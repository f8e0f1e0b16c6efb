-- ===== src/Spool/File/Choosing.antt =====
-- The segment that `FileSpool::open` of logjetd/src/spool.rs writes to, and the ones before it.
use logjet.Base.{
  ℕ, suc, ◌+◌, ◌≤◌, ◌<◌, ◌^◌, ◌≡◌, refl, sym, ap, ◌∙◌, List, [], ◌∷◌, ◌++◌, append-nil,
  append_assoc, ok, arith, ltb, length, Bool-cases, inl, inr, checked_add-fits,
}
use logjet.Record.{OwnedRecord}
use logjet.Codec.{Codec, Libraries}
use logjet.Spool.File.State.{SegmentFile, next_id}
use logjet.Spool.File.Opening.{Choice, behind, onto, choose_active}
use logjet.Spool.File.Holds.{IsNumbered, joined, HoldsFile, HoldEach}

module _ (lib : Libraries) (codec : Codec) (alignment : ℕ) where
  -- What the segment to write to and the ones before it hold.
  pub record Chosen (low high : ℕ) (records : List OwnedRecord) (c : Choice) : Type 0 where
    pub olds : List (List OwnedRecord)
    pub now : List OwnedRecord
    pub older : HoldEach lib codec alignment c.older olds
    pub file : HoldsFile lib codec alignment c.bytes now
    pub records_are : joined olds ++ now ≡ records
    pub numbered : IsNumbered low c.id c.older
    pub id : c.id ≤ high

  choose_active-last :
      (size low high : ℕ) (f : SegmentFile) (fs : List SegmentFile) (rs : List OwnedRecord)
      (rss : List (List OwnedRecord))
      → HoldsFile lib codec alignment [] []
      → HoldEach lib codec alignment (f ∷ fs) (rs ∷ rss)
      → IsNumbered low high (f ∷ fs)
      → high < 2 ^ 64
      → (c : Choice) × (choose_active size (f ∷ fs) ≡ ok c) × Chosen low high (joined (rs ∷ rss)) c
  unfolding choose_active next_id
  choose_active-last size low high f [] rs (xs ∷ rss) empty (hf, held) numbered fits = absurd held
  choose_active-last size low high f [] rs [] empty (hf, held) (low_f, numbered) fits =
      elim (Bool-cases (ltb (length f.bytes) size)) [
        | inl room ↦ (
          record { older = []; id = f.id; bytes = f.bytes },
          rw room refl,
          record {
            olds = [];
            now = rs;
            older = tt;
            file = hf;
            records_are = sym (append-nil rs);
            numbered = low_f;
            id = omega (arith, numbered);
          },
        )
        | inr full ↦ (
          behind f (f.id + 1),
          rw (full, checked_add-fits f.id 1 (omega (arith, numbered, fits))) refl,
          record {
            olds = rs ∷ [];
            now = [];
            older = (hf, tt);
            file = empty;
            records_are = append-nil (rs ++ []);
            numbered = (low_f, omega arith);
            id = omega (arith, numbered);
          },
        )
      ]
  choose_active-last size low high f (g ∷ fs) rs [] empty (hf, held) numbered fits = absurd held
  choose_active-last size low high f (g ∷ fs) rs (xs ∷ rss) empty (hf, held) (low_f, numbered)
        fits =
      let (c, chosen, h) =
        choose_active-last size (suc f.id) high g fs xs rss empty held numbered fits in
      (
        onto f c,
        rw chosen refl,
        record {
          olds = rs ∷ h.olds;
          now = h.now;
          older = (hf, h.older);
          file = h.file;
          records_are = append_assoc rs (joined h.olds) h.now ∙ ap (λ l. rs ++ l) h.records_are;
          numbered = (low_f, h.numbered);
          id = h.id;
        },
      )

  pub choose_active-Chosen :
      (size high : ℕ) (fs : List SegmentFile) (rss : List (List OwnedRecord))
      → HoldsFile lib codec alignment [] []
      → HoldEach lib codec alignment fs rss
      → IsNumbered 0 high fs
      → high < 2 ^ 64
      → (c : Choice) × (choose_active size fs ≡ ok c) × Chosen 0 high (joined rss) c
  choose_active-Chosen size high [] [] empty held numbered fits = (
    record { older = []; id = 0; bytes = [] },
    unfold choose_active in refl,
    record {
      olds = [];
      now = [];
      older = tt;
      file = empty;
      records_are = refl;
      numbered = omega arith;
      id = omega arith;
    },
  )
  choose_active-Chosen size high [] (rs ∷ rss) empty held numbered fits = absurd held
  choose_active-Chosen size high (f ∷ fs) [] empty held numbered fits = absurd held
  choose_active-Chosen size high (f ∷ fs) (rs ∷ rss) empty held numbered fits =
      choose_active-last size 0 high f fs rs rss empty held numbered fits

PROMPT
From the data above, return every line from the line that has "numbered = (low_f, omega arith);" up to and including the line that has "choose_active-Chosen size high [] []", exactly.

WRITTEN SOLUTION
            numbered = (low_f, omega arith);
            id = omega (arith, numbered);
          },
        )
      ]
  choose_active-last size low high f (g ∷ fs) rs [] empty (hf, held) numbered fits = absurd held
  choose_active-last size low high f (g ∷ fs) rs (xs ∷ rss) empty (hf, held) (low_f, numbered)
        fits =
      let (c, chosen, h) =
        choose_active-last size (suc f.id) high g fs xs rss empty held numbered fits in
      (
        onto f c,
        rw chosen refl,
        record {
          olds = rs ∷ h.olds;
          now = h.now;
          older = (hf, h.older);
          file = h.file;
          records_are = append_assoc rs (joined h.olds) h.now ∙ ap (λ l. rs ++ l) h.records_are;
          numbered = (low_f, h.numbered);
          id = h.id;
        },
      )

  pub choose_active-Chosen :
      (size high : ℕ) (fs : List SegmentFile) (rss : List (List OwnedRecord))
      → HoldsFile lib codec alignment [] []
      → HoldEach lib codec alignment fs rss
      → IsNumbered 0 high fs
      → high < 2 ^ 64
      → (c : Choice) × (choose_active size fs ≡ ok c) × Chosen 0 high (joined rss) c
  choose_active-Chosen size high [] [] empty held numbered fits = (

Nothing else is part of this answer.